On Sunday, it was the same thing, but the Sunday at the Supercars was a little bit special. Firstly, three drivers – Nick Percat, Will Davison and Snowy River Caravan sponsored James Courtney (who we still ‘blame’ for our van) – were retiring after long careers, not only here, but overseas. Secondly, this year there was change to the way that the Driver’s Championship was decided, I don’t want to bore any non-Supercar fans who have managed to stay with this blog this long, but there were only four drivers in the field of 25 who could win the title, and realistically, it came back to only two. Now while some people follow a brand, I follow drivers. While my favourite driver was out of contention, two of my other favourites were battling it out. I wanted Chaz Mostert to win because he had never one after 12 seasons, and I wanted Broc Feeney to win, because at 21 years of age, he is a driving talent and a lovely young man – and had won more races and pole positions than anyone else in the 2025 season.
On the first lap, Chaz’s driving partner Ryan Wood got tangled up with Broc Feeney, spinning Broc around and pushing him to the back of the field. This caused great controversy as many of Broc’s fans believed that Ryan had done this deliberately to help Chaz. I thought it was just a racing incident. Broc started to charge back through the field, but then his engine started failing, and he ended up losing all the gain he had made, even being lapped by most of the field. Chaz finished second in the race behind Matt Payne, but this was enough for him to win the Championship. I have never been so elated, and so deflated at the same time, and I think a lot of people felt the same way.
After the race we bid our farewells to Peter and Velvet, having had a great time with our friends of almost forty years.
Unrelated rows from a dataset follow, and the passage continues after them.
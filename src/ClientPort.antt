-- ===== src/ClientPort.antt =====
-- adsApp/src/adsAsynPortDriver.cpp, the ADS client port of each thread: the map
-- `threadIdToAmsClientPortMap_`, its three functions and the guard `AdsClientPortGuard`.
-- `AdsPortOpenEx` and `AdsPortCloseEx` belong to AdsLib: they are the fields of `PortApi`, over a
-- state `W` of that library. A thread id is a number, and 0 is the null id of the default entry.
-- The mutex is recursive and held over each function, so a function is one step.
pub mod Laws
pub mod Owned
pub mod History
use twincat_ads.Base.Int.{ℤ, pos, negsuc, suc_ℤ, pred_ℤ, is_positive}
use twincat_ads.Base.Map.{find, insert, erase, update}
use twincat_ads.Base.{
  ℕ, ◌≡◌, Bool, true, false, ◌||◌, List, Option, none, some, AsynStatus, asyn_success, asyn_error,
  ltb, ◌==◌, if◌then◌else◌,
}

pub record AmsClientPortEntry : Type 0 where
  pub port : ℤ
  pub live_count : ℤ

abbrev pub PortMap : Type 0
PortMap = List (ℕ × AmsClientPortEntry)

pub record PortApi (W : Type 0) : Type 0 where
  pub ads_port_open_ex : W → ℤ × W
  pub ads_port_close_ex : ℤ → W → ℕ × W

abbrev pub uint16_max : ℕ
uint16_max = 65535

pub is_invalid_port_number : ℤ → Bool
is_invalid_port_number (pos n) = n == 0 || ltb uint16_max n
is_invalid_port_number (negsuc n) = true

-- `unordered_map::at` throws on a missing key: the result is `none`.
abbrev pub port_at : ℕ → PortMap → Option ℤ
port_at k m = elim (find k m) [ none ↦ none | some e ↦ some e.port ]

unfoldable pub get_ads_client_port : ℕ → PortMap → Option ℤ
get_ads_client_port t m = elim (find t m) [ some e ↦ port_at 0 m | none ↦ port_at t m ]

module _ {W : Type 0} (api : PortApi W) where
  open api use {ads_port_open_ex, ads_port_close_ex}

  unfoldable pub open_for : ℕ → PortMap → ℤ × W → ℤ × PortMap × W
  unfolding is_invalid_port_number
  open_for t m (p, w) =
      if is_invalid_port_number p
      then (pos 0, m, w)
      else (p, insert t (record { port = p; live_count = pos 1 }) m, w)

  unfoldable pub add_ads_client_port : ℕ → PortMap → W → ℤ × PortMap × W
  unfolding open_for
  add_ads_client_port t m w = elim (find t m) [
    | some e ↦ (e.port, update t (record e { live_count = suc_ℤ e.live_count }) m, w)
    | none ↦ open_for t m (ads_port_open_ex w)
  ]

  unfoldable pub close_for : ℕ → PortMap → AmsClientPortEntry → ℕ × W → AsynStatus × PortMap × W
  close_for t m e (result, w) =
      if result == 0 then (asyn_success, erase t m, w) else (asyn_error, update t e m, w)

  unfoldable pub release_entry : ℕ → PortMap → AmsClientPortEntry → W → AsynStatus × PortMap × W
  unfolding close_for
  release_entry t m e w =
      if is_positive e.live_count
      then (asyn_success, update t e m, w)
      else close_for t m e (ads_port_close_ex e.port w)

  unfoldable pub del_ads_client_port : ℕ → PortMap → W → AsynStatus × PortMap × W
  unfolding release_entry
  del_ads_client_port t m w = elim (find t m) [
    | some e ↦ release_entry t m (record e { live_count = pred_ℤ e.live_count }) w
    | none ↦ (asyn_success, m, w)
  ]
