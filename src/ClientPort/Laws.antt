-- ===== src/ClientPort/Laws.antt =====
-- What the functions of the client port map do on each branch, entry by entry.
use twincat_ads.Base.Int.{suc_ℤ, pred_ℤ}
use twincat_ads.Base.Map.{find, update, find-update_ne, find-update_self}
use twincat_ads.Base.{
  ℕ, ◌≡◌, ◌⊎◌, inl, inr, none, some, asyn_success, ◌==◌, if◌then◌else◌, Option-cases, Bool-cases,
  ==_iff,
}
use twincat_ads.ClientPort.{
  AmsClientPortEntry, PortMap, PortApi, port_at, get_ads_client_port, open_for, add_ads_client_port,
  release_entry, del_ads_client_port,
}

-- What a search finds after `update`.
pub find-update :
    (k j : ℕ) (v w : AmsClientPortEntry) (m : PortMap)
    → find k m ≡ some w
    → find j (update k v m) ≡ (if k == j then some v else find j m)
find-update k j v w m h = elim (Bool-cases (k == j)) [
  | inl e ↦ rw (e, ← (==_iff k j).0 e) (find-update_self k v w m h)
  | inr e ↦ rw e (find-update_ne k j v m e)
]

-- The lookup by thread id as it is written: for a thread that has an entry it gives the port of the
-- default entry, or throws if there is none; for any other thread it throws.
pub get_ads_client_port_cases :
    (t : ℕ) (m : PortMap)
    → ((find t m ≡ none) × (get_ads_client_port t m ≡ none))
      ⊎ ((e : AmsClientPortEntry) × (find t m ≡ some e) × (get_ads_client_port t m ≡ port_at 0 m))
unfolding get_ads_client_port
get_ads_client_port_cases t m = elim (Option-cases (find t m)) [
  | inl h ↦ inl (h, rw (h, get_ads_client_port) (rw (h, port_at)))
  | inr (e, h) ↦ inr (e, h, rw (h, get_ads_client_port))
]

module _ {W : Type 0} (api : PortApi W) where
  open api use {ads_port_open_ex, ads_port_close_ex}

  -- A further guard of a thread counts up and opens nothing.
  pub add-held :
      (t : ℕ) (m : PortMap) (w : W) (e : AmsClientPortEntry)
      → find t m ≡ some e
      → add_ads_client_port api t m w
        ≡ (e.port, update t (record e { live_count = suc_ℤ e.live_count }) m, w)
  unfolding add_ads_client_port
  add-held t m w e h = rw (h, add_ads_client_port)

  pub add-absent :
      (t : ℕ) (m : PortMap) (w : W)
      → find t m ≡ none
      → add_ads_client_port api t m w ≡ open_for api t m (ads_port_open_ex w)
  unfolding add_ads_client_port
  add-absent t m w h = rw (h, add_ads_client_port)

  pub del-absent :
      (t : ℕ) (m : PortMap) (w : W)
      → find t m ≡ none
      → del_ads_client_port api t m w ≡ (asyn_success, m, w)
  unfolding del_ads_client_port
  del-absent t m w h = rw (h, del_ads_client_port)

  pub del-held :
      (t : ℕ) (m : PortMap) (w : W) (e : AmsClientPortEntry)
      → find t m ≡ some e
      → del_ads_client_port api t m w
        ≡ release_entry api t m (record e { live_count = pred_ℤ e.live_count }) w
  unfolding del_ads_client_port
  del-held t m w e h = rw (h, del_ads_client_port)
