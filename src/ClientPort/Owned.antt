-- ===== src/ClientPort/Owned.antt =====
-- adsApp/src/adsAsynPortDriver.cpp, the map threadIdToAmsClientPortMap_: that its entries have open
-- ports of their own, where AdsLib's ports behave as documented.
use twincat_ads.Base.Int.{ℤ, pos}
use twincat_ads.Base.Map.{find, insert, erase, update, find-insert, find-erase}
use mathlib.Core.Path.{subst}
use mathlib.Core.Option.{get_or}
use twincat_ads.Base.{
  ℕ, ◌≡◌, ◌≢◌, refl, sym, ap, ◌∙◌, ◌⊎◌, inl, inr, false, some, arith, ◌==◌, Bool-cases, ==_iff,
}
use twincat_ads.ClientPort.{AmsClientPortEntry, PortMap, PortApi, is_invalid_port_number}
use twincat_ads.ClientPort.Laws.{find-update}

found-insert :
    (t u : ℕ) (x f : AmsClientPortEntry) (m : PortMap)
    → find u (insert t x m) ≡ some f
    → ((t ≡ u) × (x ≡ f)) ⊎ (find u m ≡ some f)
found-insert t u x f m at = ground (arith, at, find-insert t u x m)

found-update :
    (t u : ℕ) (x e f : AmsClientPortEntry) (m : PortMap)
    → x.port ≡ e.port
    → find t m ≡ some e
    → find u (update t x m) ≡ some f
    → (g : AmsClientPortEntry) × (find u m ≡ some g) × (g.port ≡ f.port)
found-update t u x e f m port h at = elim (Bool-cases (t == u)) [
  | inl same ↦
      let here : some x ≡ some f = ground (arith, at, same, find-update t u x e m h) in
      let value : x ≡ f = ap (λ o. get_or o x) here in
      (e, subst (λ k. find k m ≡ some e) ((==_iff t u).0 same) h, sym port ∙ ap (λ y. y.port) value)
  | inr other ↦ (f, ground (arith, at, other, find-update t u x e m h), refl)
]

found-erase :
    (t u : ℕ) (f : AmsClientPortEntry) (m : PortMap)
    → find u (erase t m) ≡ some f
    → (t ≢ u) × (find u m ≡ some f)
found-erase t u f m at = elim (Bool-cases (t == u)) [
  | inl same ↦ absurd (ground (arith, at, same, find-erase t u m))
  | inr other ↦
      (λ e. ground (arith, other, (==_iff t u).1 e), ground (arith, at, other, find-erase t u m))
]

module _ {W : Type 0} (api : PortApi W) where
  open api use {ads_port_open_ex, ads_port_close_ex}

  -- What AdsLib documents of its ports, `Open` being those that are open: opening gives a port that was
  -- not open and keeps the others open; closing an open port succeeds and keeps the others open.
  pub record PortContract (Open : ℤ → W → Type 0) : Type 0 where
    pub opens :
        (w : W)
        → is_invalid_port_number (ads_port_open_ex w).0 ≡ false
        → Open (ads_port_open_ex w).0 (ads_port_open_ex w).1
    pub fresh :
        (q : ℤ) (w : W)
        → is_invalid_port_number (ads_port_open_ex w).0 ≡ false
        → Open q w
        → q ≢ (ads_port_open_ex w).0
    pub open_kept : (q : ℤ) (w : W) → Open q w → Open q (ads_port_open_ex w).1
    pub closes : (p : ℤ) (w : W) → Open p w → (ads_port_close_ex p w).0 ≡ 0
    pub close_kept : (p q : ℤ) (w : W) → Open q w → q ≢ p → Open q (ads_port_close_ex p w).1

  -- Every entry has an open port, and no two entries have the same.
  pub record IsOwned (Open : ℤ → W → Type 0) (m : PortMap) (w : W) : Type 0 where
    pub is_open : (t : ℕ) (e : AmsClientPortEntry) → find t m ≡ some e → Open e.port w
    pub distinct :
        (t u : ℕ) (e f : AmsClientPortEntry)
        → find t m ≡ some e
        → find u m ≡ some f
        → e.port ≡ f.port
        → t ≡ u

  module _ {Open : ℤ → W → Type 0} (contract : PortContract Open) where
    pub insert-IsOwned :
        (t : ℕ) (m : PortMap) (w : W)
        → is_invalid_port_number (ads_port_open_ex w).0 ≡ false
        → IsOwned Open m w
        → IsOwned Open
            (insert t (record { port = (ads_port_open_ex w).0; live_count = pos 1 }) m)
            (ads_port_open_ex w).1
    insert-IsOwned t m w valid o =
        let p = (ads_port_open_ex w).0 in
        let x : AmsClientPortEntry = record { port = p; live_count = pos 1 } in
        record {
          is_open = λ u f at. elim (found-insert t u x f m at) [
            | inl (_, here) ↦
                subst (λ q. Open q (ads_port_open_ex w).1) (ap (λ y. y.port) here)
                  (contract.opens w valid)
            | inr there ↦ contract.open_kept f.port w (o.is_open u f there)
          ];
          distinct = λ u v f g at_u at_v same. elim (found-insert t u x f m at_u) [
            | inl (at_t, here) ↦ elim (found-insert t v x g m at_v) [
              | inl (at_t', _) ↦ sym at_t ∙ at_t'
              | inr there ↦ absurd (
                  contract.fresh g.port w valid (o.is_open v g there)
                    (sym same ∙ sym (ap (λ y. y.port) here)))
            ]
            | inr there_u ↦ elim (found-insert t v x g m at_v) [
              | inl (_, here) ↦ absurd (
                  contract.fresh f.port w valid (o.is_open u f there_u)
                    (same ∙ sym (ap (λ y. y.port) here)))
              | inr there_v ↦ o.distinct u v f g there_u there_v same
            ]
          ];
        }

    pub update-IsOwned :
        (t : ℕ) (n : ℤ) (e : AmsClientPortEntry) (m : PortMap) (w : W)
        → find t m ≡ some e
        → IsOwned Open m w
        → IsOwned Open (update t (record e { live_count = n }) m) w
    update-IsOwned t n e m w h o = record {
      is_open = λ u f at.
          let (g, there, port) = found-update t u _ e f m refl h at in
          subst (λ q. Open q w) port (o.is_open u g there);
      distinct = λ u v f g at_u at_v same.
          let (f', there_u, port_u) = found-update t u _ e f m refl h at_u in
          let (g', there_v, port_v) = found-update t v _ e g m refl h at_v in
          o.distinct u v f' g' there_u there_v (port_u ∙ same ∙ sym port_v);
    }

    pub erase-IsOwned :
        (t : ℕ) (e : AmsClientPortEntry) (m : PortMap) (w : W)
        → find t m ≡ some e
        → IsOwned Open m w
        → IsOwned Open (erase t m) (ads_port_close_ex e.port w).1
    erase-IsOwned t e m w h o = record {
      is_open = λ u f at.
          let (other, there) = found-erase t u f m at in
          contract.close_kept e.port f.port w (o.is_open u f there)
            (λ same. other (o.distinct t u e f h there (sym same)));
      distinct = λ u v f g at_u at_v same.
          o.distinct u v f g (found-erase t u f m at_u).1 (found-erase t v g m at_v).1 same;
    }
We returned to Semaphore Beach, sad that we were leaving Adelaide, but also sad in realising this was the turning point, because although we still have three weeks on the road, now we are heading home, and although we have missed everyone there, we have really loved our little taste of life on the road.
Also, we have to go back to Adelaide, because although seeing 1892 churches, we didn’t take a photo of a single one.